そしてその魔方陣から生まれたのは、30mを越える巨大な炎の塊だった。ゆっくりと落ちてくるそれはまさに確殺であり、皮膚が焼けるように熱く燃えている。
「ギィイイウウ!!?ギシャシャ…!!」
「逃がす訳がない…!」
あれを喰らっては不味いと判断したのか、今までその場を動かなかった目玉の怪物が移動を開始する。
だがそれはミルが辺り一面、目玉の怪物ごと凍結させる事で逃げる方法を潰した。
「ギィイイイイイ─────」
逃げる術を潰された目玉の怪物は必死にもがき逃げようとするが、ルナの炎の熱に負けない冷気と硬度を持つ氷の足枷が邪魔をして逃げられず、攻撃手段であった触手さえももう無い。

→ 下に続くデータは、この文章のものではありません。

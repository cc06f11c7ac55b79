-- ===== src/Nodes/Tests.antt =====
-- A registry of two nodes, and the operations on it.
use singbox_deploy.Common.{
  ℕ, ◌≤◌, Text, codes, text_eq, text_beq, true, false, Option, none, some, List, [], ◌∷◌, ◌++◌, map,
  length, ◌≡◌, refl, sym, ap, ◌∙◌, arith, All-map, Rearranged, select, contains, normalize,
  trim_space, trim_left, trim_right, to_lower, lower_rune, equal_fold, is_space, trim_space_of_All,
  is_empty, join, IsDigit, IsDigit-format_nat, parse_digits, parse_digits-format_nat, format_nat,
  format_nat-some, Result, negsuc, ok, pos, if◌then◌else◌,
}
use singbox_deploy.State.Entries.{Tree, Disk, Faults, stored_entries, transact}
use singbox_deploy.State.Entries.Order.{written}
use singbox_deploy.State.Entries.Runs.{loaded, Reach, Step, begin}
use singbox_deploy.Subgroups.{generate_id}
use singbox_deploy.Nodes.{
  Node, Clock, IsClock, Platform, NodeError, alias_key, subscription_alias_key, effective_alias,
  effective_subscription_alias, same_name, same_domain, trim_dot, trim_brackets, validate_unique,
}
use singbox_deploy.Nodes.Operations.{normalize_node_ids, add_node}
use singbox_deploy.Nodes.Codec.{decode_node, encode_node}
use singbox_deploy.Nodes.RoundTrip.{IsStored, decode_node-encode_node}
use singbox_deploy.Nodes.Rules.{IsNodes}
use singbox_deploy.Nodes.Reorder.{
  reorder_nodes, reorder_nodes-Rearranged, unlisted, normalize_request, pick, by_id,
}
use singbox_deploy.Nodes.Registry.{Op, run_op, apply}
use singbox_deploy.Nodes.Stored.{Reach-IsNodes}

-- A clock that prints a time as a number, and a platform that reads no text as an IP address.
abbrev parse_time : Text → Option ℕ
parse_time s = if is_empty s then none else parse_digits 0 s

abbrev clock : Clock
clock = record { format = format_nat; parse = parse_time }

abbrev os : Platform
os = record { clock = clock; parse_ip = λ s. none; digest = λ s. s }

parse_time-format_nat : (t : ℕ) → parse_time (format_nat t) ≡ some t
parse_time-format_nat t =
    let (c, s, e) = format_nat-some t in
    rw e (ap (parse_digits 0) (sym e) ∙ parse_digits-format_nat t)

not-is_space : (c : ℕ) → IsDigit c → is_space c ≡ false
unfolding is_space
not-is_space c h = ground arith

clock-IsClock : IsClock clock
clock-IsClock = record {
  back = parse_time-format_nat;
  trimmed = λ t. trim_space_of_All (format_nat t) (
      All-map IsDigit (λ c. is_space c ≡ false) not-is_space (format_nat t) (IsDigit-format_nat t));
  nothing = refl;
}

abbrev tokyo : Node
tokyo = record {
  id = codes "a1";
  alias = codes "Tokyo";
  subscription_alias = [];
  ssh_host = codes "tokyo.example.com";
  ssh_port = pos 22;
  ssh_user = [];
  wg_public_key = [];
  wg_ip = codes "10.90.0.2";
  token = [];
  agent_port = pos 0;
  arch = [];
  installed = true;
  agent_version = [];
  sing_box_version = [];
  last_seen = some 1700;
  include_in_subscription = false;
  pending_certificate = false;
  domain = codes "t.example.com";
  reality_server_name = [];
  reality_handshake_port = pos 0;
  enabled_protocols = codes "anytls" ∷ codes "tuic" ∷ [];
  reality_vision_port = pos 0;
  reality_grpc_port = pos 0;
  hysteria2_port = pos 0;
  tuic_port = pos 0;
  anytls_port = pos 0;
  protocol_settings_generation = 0;
  monitor = false;
  monitor_alias = [];
  monitor_interface = [];
  monitor_port = pos 0;
  monitor_interval_seconds = pos 0;
  traffic_in_limit_bytes = 1000;
  traffic_out_limit_bytes = 0;
  traffic_total_limit_bytes = 0;
  reset_day = pos 0;
  reset_hour = negsuc 0;
  subscription_settings_generation = 0;
}

abbrev osaka : Node
osaka = record {
  id = codes "b2";
  alias = codes "Osaka";
  subscription_alias = [];
  ssh_host = codes "osaka.example.com";
  ssh_port = pos 0;
  ssh_user = [];
  wg_public_key = [];
  wg_ip = codes "10.90.0.3";
  token = [];
  agent_port = pos 0;
  arch = [];
  installed = false;
  agent_version = [];
  sing_box_version = [];
  last_seen = none;
  include_in_subscription = false;
  pending_certificate = false;
  domain = codes "o.example.com";
  reality_server_name = [];
  reality_handshake_port = pos 0;
  enabled_protocols = [];
  reality_vision_port = pos 0;
  reality_grpc_port = pos 0;
  hysteria2_port = pos 0;
  tuic_port = pos 0;
  anytls_port = pos 0;
  protocol_settings_generation = 0;
  monitor = false;
  monitor_alias = [];
  monitor_interface = [];
  monitor_port = pos 0;
  monitor_interval_seconds = pos 0;
  traffic_in_limit_bytes = 0;
  traffic_out_limit_bytes = 0;
  traffic_total_limit_bytes = 0;
  reset_day = pos 0;
  reset_hour = pos 0;
  subscription_settings_generation = 0;
}

abbrev both : List Node
both = tokyo ∷ osaka ∷ []

tokyo-IsStored : IsStored tokyo
unfolding trim_space trim_left trim_right is_space join
tokyo-IsStored = record {
  id = refl;
  alias = refl;
  subscription_alias = refl;
  ssh_host = refl;
  ssh_port = ground arith;
  ssh_user = refl;
  wg_public_key = refl;
  wg_ip = refl;
  token = refl;
  agent_port = ground arith;
  arch = refl;
  agent_version = refl;
  sing_box_version = refl;
  domain = refl;
  reality_server_name = refl;
  reality_handshake_port = ground arith;
  enabled_protocols = record {
    parts = ground arith;
    trimmed = refl;
    some_text = λ h. λ z. absurd (ground arith);
  };
  reality_vision_port = ground arith;
  reality_grpc_port = ground arith;
  hysteria2_port = ground arith;
  tuic_port = ground arith;
  anytls_port = ground arith;
  protocol_settings_generation = ground arith;
  monitor_alias = refl;
  monitor_interface = refl;
  monitor_port = ground arith;
  monitor_interval_seconds = ground arith;
  traffic_in_limit_bytes = ground arith;
  traffic_out_limit_bytes = ground arith;
  traffic_total_limit_bytes = ground arith;
  reset_day = ground arith;
  reset_hour = ground arith;
  subscription_settings_generation = ground arith;
}

decode_node-encode_node_example : decode_node clock (written (encode_node clock tokyo)) ≡ tokyo
decode_node-encode_node_example = decode_node-encode_node clock tokyo clock-IsClock tokyo-IsStored

both-IsNodes : IsNodes os both
unfolding normalize to_lower lower_rune trim_space trim_left trim_right is_space alias_key
    subscription_alias_key effective_alias effective_subscription_alias same_name same_domain
    equal_fold trim_dot trim_brackets text_beq
both-IsNodes = record {
  sound = ((refl, λ h. absurd (ground arith)), ((refl, λ h. absurd (ground arith)), tt));
  distinct = (
    (
      record {
        ids = λ h. absurd (ground arith);
        aliases = λ h z. absurd (ground arith);
        subscription_aliases = λ h z. absurd (ground arith);
        hosts = refl;
        domains = refl;
      },
      tt,
    ),
    (tt, tt),
  );
}

swapped : reorder_nodes (codes " B2" ∷ []) both ≡ ok (osaka ∷ tokyo ∷ [])
unfolding reorder_nodes normalize_request pick by_id select contains normalize to_lower lower_rune
    trim_space trim_left trim_right is_space text_beq
swapped = refl

reorder_nodes-Rearranged_example :
    Rearranged both (osaka ∷ tokyo ∷ [])
    × ((picked : List Node) × (osaka ∷ tokyo ∷ []
          ≡ picked ++ select (unlisted (map normalize (codes " B2" ∷ []))) both)
        × (map (λ (n : Node). n.id) picked ≡ map normalize (codes " B2" ∷ [])))
reorder_nodes-Rearranged_example =
    reorder_nodes-Rearranged os (codes " B2" ∷ []) both (osaka ∷ tokyo ∷ []) both-IsNodes swapped

-- A callback that records a version, on an entry whose second write fails.
abbrev see : Node → Result NodeError Node
see n = ok (record n { agent_version = codes "v2"; last_seen = some 9 })

abbrev entries : Tree
entries = (codes "001", written (encode_node clock tokyo)) ∷ []

abbrev fresh_disk : Disk
fresh_disk = record { dir = none; staging = none; backup = none }

abbrev no_fault : Faults
no_fault = record {
  lock = true;
  list = true;
  reads = λ entry field. true;
  stage = true;
  inspect = true;
  move_aside = true;
  commit = true;
  restore = true;
  remove_backup = true;
  cleanup = true;
}

one_fits :
    (next : List Node)
    → apply os
        (Op.add none tokyo)
        (loaded (decode_node clock) (encode_node clock) (apply os) fresh_disk)
      ≡ ok next
    → length next ≤ 999
unfolding apply run_op normalize_node_ids add_node generate_id stored_entries validate_unique
    normalize to_lower lower_rune trim_space trim_left trim_right is_space
one_fits next h =
    let one : record tokyo { include_in_subscription = true } ∷ [] ≡ next = ground arith in
    rw (← one) (omega arith)

fresh-IsNodes : IsNodes os (loaded (decode_node clock) (encode_node clock) (apply os) fresh_disk)
unfolding stored_entries
fresh-IsNodes = record { sound = tt; distinct = tt }

Reach-IsNodes_example : IsNodes os (
    loaded
      (decode_node clock)
      (encode_node clock)
      (apply os)
      (transact
        (decode_node clock)
        (encode_node clock)
        no_fault
        (apply os (Op.add none tokyo))
        (begin fresh_disk)).1)
Reach-IsNodes_example = Reach-IsNodes {d = fresh_disk} os fresh-IsNodes (
    Reach.next Reach.here
      (Step.run no_fault (Op.add none tokyo) fresh_disk (λ entry field. refl) one_fits))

奴は最後まで逃げようとし、最終的には空から迫る炎を見つめながら絶叫を上げて呑み込まれた。
「エッグ……」
ルナの魔法が地面に落ちると同時に発生した熱風と衝撃波によって、吹き飛ばされた俺は地面に出来たクレーターと言うには深すぎる穴を見て背筋が凍る。
嘘みたいだろ?この穴作ったのうちのパーティーのルナなんだぜ?
──こちらベリタス。こっちも無事に穴を消す事が出来た。
「………嘘だろ…?」
ルナの魔法に呆気に取られるのも束の間。今度はベリタスからのテレパシーが入り、俺は絶望する。

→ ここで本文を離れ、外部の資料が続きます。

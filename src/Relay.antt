-- ===== src/Relay.antt =====
-- internal/relay/relay.go: the forwarding job of a relay node, and its validation. The file of the
-- job is a value of the job itself: JSON is not modelled.
pub mod Validity
pub mod Rules
pub mod Dispatch
pub mod Firewall
pub mod Applier
pub mod Apply
pub mod Effects
pub mod Remembered
pub mod Installed
pub mod Works
pub mod Quota
pub mod Readers
mod Tests
use singbox_deploy.Common.{
  Text, codes, text_eq, ◌==◌, Bool, true, false, not, ◌&&◌, ◌||◌, Option, none, some, List, [], ◌∷◌,
  ◌++◌, contains, find?, trim_space, is_empty, if◌then◌else◌, Result, ok, err, ℤ, out_of_port_range,
  itoa,
}

pub record Forward : Type 0 where
  pub protocol : Text
  pub network : Text
  pub listen_port : ℤ
  pub target_port : ℤ

pub record Landing : Type 0 where
  pub node_id : Text
  pub name : Text
  pub host : Text
  pub address : Text
  pub forwards : List Forward

pub record Config : Type 0 where
  pub landings : List Landing

-- `Config.Empty`
unfoldable pub forwards_nothing : List Landing → Bool
forwards_nothing [] = true
forwards_nothing (l ∷ ls) = is_empty l.forwards && forwards_nothing ls

unfoldable pub display_name : Landing → Text
display_name l =
    if not (is_empty (trim_space l.name))
    then trim_space l.name
    else if not (is_empty (trim_space l.host))
    then trim_space l.host
    else trim_space l.node_id

-- `key := forward.Network + "/" + fmt.Sprint(forward.ListenPort)`
unfoldable pub socket : Forward → Text
socket f = f.network ++ codes "/" ++ itoa f.listen_port

pub data ConfigError : Type 0 where
  no_node_id : ConfigError
  repeated_landing : Text → ConfigError
  no_host no_forward : Text → ConfigError
  neither_tcp_nor_udp : Forward → Text → ConfigError
  listen_range target_range : ℤ → Text → ConfigError
  claimed_by_both : Forward → Text → Text → ConfigError

-- One round of the loop over the forwards of the landing node of that name. `claimed` has the
-- sockets with their owners.
unfoldable pub check_socket : Text → List (Text × Text) → Forward → Option ConfigError
check_socket name claimed f =
    if not (f.network == codes "tcp") && not (f.network == codes "udp")
    then some (ConfigError.neither_tcp_nor_udp f name)
    else if out_of_port_range f.listen_port
    then some (ConfigError.listen_range f.listen_port name)
    else if out_of_port_range f.target_port
    then some (ConfigError.target_range f.target_port name)
    else elim (find? (λ (e : Text × Text). e.0 == socket f) claimed) [
      | none ↦ none
      | some owner ↦ some (ConfigError.claimed_by_both f (owner.1) name)
    ]

-- The loop over the forwards; on success what is claimed after it.
unfoldable pub claim_sockets :
    Text → List (Text × Text) → List Forward → Result ConfigError (List (Text × Text))
claim_sockets name claimed [] = ok claimed
claim_sockets name claimed (f ∷ fs) =
    let rest = claim_sockets name ((socket f, name) ∷ claimed) fs in
    elim (check_socket name claimed f) [ none ↦ rest | some e ↦ err e ]

-- The tests of a landing node before its forwards.
unfoldable pub check_landing : List Text → Landing → Option ConfigError
check_landing seen l =
    if is_empty (trim_space l.node_id)
    then some ConfigError.no_node_id
    else if contains seen l.node_id
    then some (ConfigError.repeated_landing l.node_id)
    else if is_empty (trim_space l.host)
    then some (ConfigError.no_host (display_name l))
    else if is_empty l.forwards
    then some (ConfigError.no_forward (display_name l))
    else none

unfoldable pub check_landings : List (Text × Text) → List Text → List Landing → Option ConfigError
check_landings claimed seen [] = none
check_landings claimed seen (l ∷ ls) = elim (check_landing seen l) [
  | some e ↦ some e
  | none ↦ elim (claim_sockets (display_name l) claimed l.forwards) [
    | err e ↦ some e
    | ok after ↦ check_landings after (l.node_id ∷ seen) ls
  ]
]

-- `Config.Validate`
unfoldable pub validate_config : Config → Option ConfigError
validate_config cfg = check_landings [] [] cfg.landings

その視線の先には、まだ閉じ終えていない“魔災“の核である穴があったからだ。その穴は目玉の怪物を産み出した時よりも膨張すると、またしてもガラスの割れる音が辺りに響き渡った。
そして姿を表したのは、10m程の人間のような体格をした怪物。体は鱗のような物に覆われており、目や鼻は無く、唯一口だけがある異形な怪物であった。